* TASK PROMPT: Beginning with the first line of the entries below, quote each line until you reach and include the line with "ne→lt n h d = ground arith".

* RECORDS SHOWN:

-- ===== src/Layout/Bounds.antt =====
-- The overflow test of `bytesNeeded` in include/shmspsc/ShmSpscQueue.h.
use shm_spsc.Base.{
  ℕ, ◌+◌, ◌-◌, ◌*◌, ◌/◌, ◌<◌, ◌≤◌, ◌≡◌, ◌⊎◌, inl, inr, arith, ltb, ◌==◌, true, false, Bool-cases,
  refl, ◌≢◌, ltb→lt, ltb-not, size_max, add64, mul64, ==-ne, ==_iff,
}
use native.Mathlib.Nat.{div-lt_iff_lt-mul, le-div_iff_mul-le, le-mul_of_pos_right, mod-eq_of_lt}
use shm_spsc.Base.Results.{ok, err, capacity_overflow}
use shm_spsc.Layout.{Platform, cache_line, Binary, sizeof_control, bytes_needed}

pub line_le : (q : Platform) → cache_line q ≤ 128
line_le Platform.apple_silicon = omega arith
line_le Platform.other = omega arith

ne→lt : (n : ℕ) → n ≤ size_max → n ≢ size_max → n < size_max
ne→lt n h d = ground arith

-- The bytes of a segment of `capacity` elements, as an unbounded number.
abbrev pub true_size : Binary → ℕ → ℕ
true_size b capacity = sizeof_control b + (capacity + 1) * b.elem_size

module _ (b : Binary) (capacity : ℕ) (solid : 0 < b.elem_size) (word : capacity ≤ size_max) where
  few : sizeof_control b ≤ 512
  few = omega (arith, line_le b.platform)

  pub product_le : capacity + 1 ≤ (capacity + 1) * b.elem_size
  product_le = le-mul_of_pos_right (capacity + 1) solid

  -- The quotient test of the code, in products.
  too_many :
      ltb ((size_max - sizeof_control b) / b.elem_size) (capacity + 1) ≡ true
      → size_max < true_size b capacity
  too_many h = let lt = (div-lt_iff_lt-mul solid).0 (ltb→lt _ _ h) in omega (arith, lt, few)

  fits :
      ltb ((size_max - sizeof_control b) / b.elem_size) (capacity + 1) ≡ false
      → true_size b capacity ≤ size_max
  fits h = let le = (le-div_iff_mul-le solid).0 (ltb-not _ _ h) in omega (arith, le, few)

  pub no_wrap :
      true_size b capacity ≤ size_max
      → add64 (sizeof_control b) (mul64 (capacity + 1) b.elem_size) ≡ true_size b capacity
  no_wrap h =
      let e : mul64 (capacity + 1) b.elem_size ≡ (capacity + 1) * b.elem_size =
        mod-eq_of_lt (omega arith) in
      rw e (mod-eq_of_lt (omega arith))

  -- For elements of at least a byte, `bytesNeeded` returns the size of the control block and
  -- `capacity + 1` slots when that is a `std::size_t`, and throws exactly when it is not.
  pub bytes_needed_exact :
      ((bytes_needed b capacity ≡ ok (true_size b capacity)) × (true_size b capacity ≤ size_max))
      ⊎ ((bytes_needed b capacity ≡ err (capacity_overflow capacity))
          × (size_max < true_size b capacity))
  unfolding bytes_needed
  bytes_needed_exact = elim (Bool-cases (capacity == size_max)) [
    | inl top ↦ let e = (==_iff _ _).0 top in rw top (inr (refl, omega (arith, e, product_le)))
    | inr below ↦
        let plus : add64 capacity 1 ≡ capacity + 1 =
          mod-eq_of_lt (omega (arith, ne→lt capacity word (==-ne _ _ below))) in
        rw (below, plus)
          (elim (Bool-cases (ltb ((size_max - sizeof_control b) / b.elem_size) (capacity + 1))) [
            | inl over ↦ rw over (inr (refl, too_many over))
            | inr under ↦ rw (under, no_wrap (fits under)) (inl (refl, fits under))
          ])
  ]
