-- ===== src/Attach/Geometry.antt =====
-- What `create` of include/shmspsc/ShmSpscQueue.h writes, and what `validate` accepts.
use shm_spsc.Base.{
  ℕ, ◌+◌, ◌<◌, ◌≤◌, ◌^◌, ◌≡◌, inl, inr, refl, sym, ap, ◌∙◌, true, none, arith, ◌==◌, eq→==, le→ltb,
  size_max, add64, ◌*◌, u32, ◌↔◌, some, false, ltb, ◌||◌, if◌then◌else◌, Bool-cases, ltb→lt,
  ltb-not,
}
use native.Mathlib.Nat.{mod-eq_of_lt, add-mul}
use shm_spsc.Base.Results.{Error, ok, err}
use shm_spsc.Layout.{cache_line, Binary, ControlBlock, sizeof_control, bytes_needed}
use shm_spsc.Layout.Bounds.{true_size, bytes_needed_exact, line_le, product_le, no_wrap}
use shm_spsc.Attach.{slot_count, init_control, validate, needed}

ok-inj : {m n : ℕ} → ok m ≡ ok n → m ≡ n
ok-inj h = cc

ok-err : {n : ℕ} {e : Error} → ok n ≡ err e → ⊥
ok-err h = cc

==_self : (n : ℕ) → (n == n) ≡ true
==_self n = eq→== n n refl

some_is_not {ℓ} : {B : Type ℓ} {x : B} → some x ≡ none → ⊥
some_is_not e = cc

-- The last test of `validate`, on a block whose slots fit what it declares.
accepts_iff :
    (bytes size : ℕ) (e : Error)
    → ((if false || ltb size bytes then some e else none) ≡ none) ↔ (bytes ≤ size)
accepts_iff bytes size e = elim (Bool-cases (ltb size bytes)) [
  | inl small ↦
      rw small ((λ h. absurd (some_is_not h)), λ le. absurd (omega (arith, ltb→lt _ _ small)))
  | inr fits ↦ rw fits ((λ _. ltb-not _ _ fits), λ _. refl)
]

module _ (b : Binary) (capacity bytes : ℕ) (some_cap : 1 ≤ capacity) (word : capacity ≤ size_max)
    (solid : 0 < b.elem_size) (h : bytes_needed b capacity ≡ ok bytes) where
  size_lem : (bytes ≡ true_size b capacity) × (true_size b capacity ≤ size_max)
  size_lem = elim (bytes_needed_exact b capacity solid word) [
    | inl (e, le) ↦ (ok-inj (sym h ∙ e), le)
    | inr (e, lt) ↦ absurd (ok-err (sym h ∙ e))
  ]

  slot_count_lem : slot_count capacity ≡ capacity + 1
  unfolding slot_count
  slot_count_lem =
      let le = size_lem.1 in
      rw (le→ltb capacity 1 some_cap)
        (mod-eq_of_lt (omega (arith, le, product_le b capacity solid word)))

  needed_lem : needed b (init_control b (slot_count capacity) bytes) ≡ bytes
  unfolding init_control
  needed_lem =
      let (e, le) = size_lem in
      let small : u32 (sizeof_control b) ≡ sizeof_control b =
        mod-eq_of_lt (omega (arith, line_le b.platform)) in
      rw (small, slot_count_lem) (no_wrap b capacity solid word le ∙ sym e)

  -- A capacity of at least 1, a `std::size_t`, that `bytesNeeded` accepts, with the element's size (at least a byte)
  -- and its alignment in 32 bits: what `create` writes for an object of `bytes`, `validate` of the
  -- same binary accepts exactly in a mapping of `bytes` or more.
  pub create-validate :
      b.elem_size < 2 ^ 32
      → b.elem_align < 2 ^ 32
      → (size : ℕ)
      → (validate b (init_control b (slot_count capacity) bytes) size ≡ none) ↔ (bytes ≤ size)
  unfolding validate init_control
  create-validate size_fits align_fits size =
      let line : u32 (cache_line b.platform) ≡ cache_line b.platform =
        mod-eq_of_lt (omega (arith, line_le b.platform)) in
      let elem : u32 b.elem_size ≡ b.elem_size = mod-eq_of_lt size_fits in
      let align : u32 b.elem_align ≡ b.elem_align = mod-eq_of_lt align_fits in
      rw
        (
          needed_lem,
          line,
          elem,
          align,
          ==_self (cache_line b.platform),
          ==_self b.elem_size,
          ==_self b.elem_align,
          le→ltb bytes bytes (omega arith),
        )
        (accepts_iff bytes size _)

module _ (b : Binary) (c : ControlBlock) (k : ℕ) (whole : k * b.elem_size ≡ 2 ^ 64) where
  needed_wraps : needed b (record c { capacity = c.capacity + k }) ≡ needed b c
  needed_wraps =
      let e : (c.capacity + k) * b.elem_size ≡ c.capacity * b.elem_size + k * b.elem_size =
        add-mul c.capacity k b.elem_size in
      ap (add64 c.slots_offset) (rw (e, whole) (omega arith))

  -- `validate` does not see `2^64 / sizeof(T)` more slots in the capacity: its product wraps.
  pub validate_wraps :
      (size : ℕ) → validate b (record c { capacity = c.capacity + k }) size ≡ validate b c size
  unfolding validate
  validate_wraps size = rw needed_wraps refl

* FINISHED TASK:
-- ===== src/Layout/Bounds.antt =====
-- The overflow test of `bytesNeeded` in include/shmspsc/ShmSpscQueue.h.
use shm_spsc.Base.{
  ℕ, ◌+◌, ◌-◌, ◌*◌, ◌/◌, ◌<◌, ◌≤◌, ◌≡◌, ◌⊎◌, inl, inr, arith, ltb, ◌==◌, true, false, Bool-cases,
  refl, ◌≢◌, ltb→lt, ltb-not, size_max, add64, mul64, ==-ne, ==_iff,
}
use native.Mathlib.Nat.{div-lt_iff_lt-mul, le-div_iff_mul-le, le-mul_of_pos_right, mod-eq_of_lt}
use shm_spsc.Base.Results.{ok, err, capacity_overflow}
use shm_spsc.Layout.{Platform, cache_line, Binary, sizeof_control, bytes_needed}

pub line_le : (q : Platform) → cache_line q ≤ 128
line_le Platform.apple_silicon = omega arith
line_le Platform.other = omega arith

ne→lt : (n : ℕ) → n ≤ size_max → n ≢ size_max → n < size_max
ne→lt n h d = ground arith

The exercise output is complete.